L’italia è un paese ricco di biodiversità, anche quando si parla di frutti rari e antichi.
Abbiamo scovato altre quattro piante da frutto i cui raccolti sono poco utilizzati seppur queste piante siano presenti allo stato naturale in gran parte d’Italia.
Vediamole insieme.
Amoli, un frutto antico cresce su alberi comuni
Il Mirabolano (Prunus cerasifera) è un albero molto comune e molte sue varietà vengono normalmente usate a scopo ornamentale (Prunus cerasifera var. Pissardi). Specie appartenente alla famiglia delle Rosaceae alla pari di pero e melo, viene solitamente definita amolo, brombolo o rusticano da quei pochi che ancora la coltivano per poter raccogliere i suoi frutti.

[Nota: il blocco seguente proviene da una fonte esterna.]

-- ===== src/Bus/Link.antt =====
-- The drivers' account of their connection: `online` and `i2c_fail_count`, and the threshold
-- `FAIL_DISCONNECT_COUNT` of each driver.
use mokya_lora.Prelude.{
  ℕ, suc, ◌+◌, ◌≤◌, ◌<◌, ◌≡◌, ap, ◌∙◌, Bool, true, false, List, [], ◌∷◌, ltb, leb, min,
  if◌then◌else◌, arith,
}

pub record Link : Type 0 where
  pub online : Bool
  pub fail_count : ℕ

abbrev pub fail_max : ℕ
fail_max = 0xFFFFFFFF

-- the end of a poll that failed, and of one that did not
unfoldable pub failed : ℕ → Link → Link
failed limit l =
    let count = if ltb l.fail_count fail_max then l.fail_count + 1 else l.fail_count in
    record { online = if leb limit count then false else l.online; fail_count = count }

unfoldable pub succeeded : Link
succeeded = record { online = true; fail_count = 0 }

unfoldable pub note : ℕ → Bool → Link → Link
note limit true l = succeeded
note limit false l = failed limit l

-- The failures since the last success of a history, the newest first, or `before` it began.
abbrev pub failures : ℕ → List Bool → ℕ
failures before [] = before
failures before (true ∷ h) = 0
failures before (false ∷ h) = suc (failures before h)

unfoldable pub history : ℕ → List Bool → Link → Link
history limit [] l = l
history limit (b ∷ h) l = note limit b (history limit h l)

-- The counter saturates, and the driver is online while fewer than `limit` failures are in a row.
pub history_lem :
    (limit : ℕ) (h : List Bool) (l : Link)
    → 0 < limit
    → limit ≤ fail_max
    → l.fail_count ≤ fail_max
    → l.online ≡ ltb l.fail_count limit
    → let l' = history limit h l in
      (l'.fail_count ≡ min (failures l.fail_count h) fail_max)
      × (l'.online ≡ ltb (failures l.fail_count h) limit)
unfolding history note failed succeeded
history_lem limit [] l p q r s = (omega arith, s)
history_lem limit (true ∷ h) l p q r s = ground arith
history_lem limit (false ∷ h) l p q r s = ground (arith, history_lem limit h l p q r s)

-- a link as the results of the polls account for it
abbrev pub Tracks : ℕ → Link → Link → List Bool → Type 0
Tracks limit old new results =
    (new.fail_count ≡ min (failures old.fail_count results) fail_max)
    × (new.online ≡ ltb (failures old.fail_count results) limit)

-- A link that is online exactly with fewer than `limit` failures.
abbrev pub IsLink : ℕ → Link → Type 0
IsLink limit l = (l.fail_count ≤ fail_max) × (l.online ≡ ltb l.fail_count limit)

pub tracks :
    (limit : ℕ) (old new : Link) (results : List Bool)
    → 0 < limit
    → limit ≤ fail_max
    → IsLink limit old
    → new ≡ history limit results old
    → Tracks limit old new results
tracks limit old new results p q h e =
    let (count, online) = history_lem limit results old p q h.0 h.1 in
    (ap (λ l. l.fail_count) e ∙ count, ap (λ l. l.online) e ∙ online)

Questo albero cresce spontaneo in gran parte dell’Europa, Italia compresa e grazie alla sua rusticità riesce a produrre frutta senza che l’uomo debba compiere alcun sforzo.
Gli amoli, così vengono chiamate le drupe prodotte dal mirabolano, sono frutti tondi simili a ciliegie ma di dimensioni maggiori, come fossero delle piccole mele con polpa simile a quella delle susine. Da consumare freschi, durante la primavera gli amoli possono essere assaporati ancora verdi ma all’assaggio risultano aspri. Stupiscono grazie ad un sapore piacevolmente dolce se consumati a piena maturazione, intorno a inizio estate, quando la loro buccia si presenta di color giallo rossastro.
Crespino comune, frutto acidulo poco conosciuto
Il Crespino comune (Berberis vulgaris) è un arbusto che cresce spontaneo in gran parte del territorio italiano dai 100 ai 2000 ms.m.. Chiamato anche solo Berberis, questa pianta deve il suo nome botanico alla forma concava dei petali e delle foglie: “berberi” in greco indica le conchiglie.
Il crespino fiorisce intorno a metà primavera e mostra i suoi frutti nel prosieguo della stagione, fino a luglio quando le piccole bacche oblunghe di circa 1 cm acquistano una colorazione rossa e possono essere raccolte.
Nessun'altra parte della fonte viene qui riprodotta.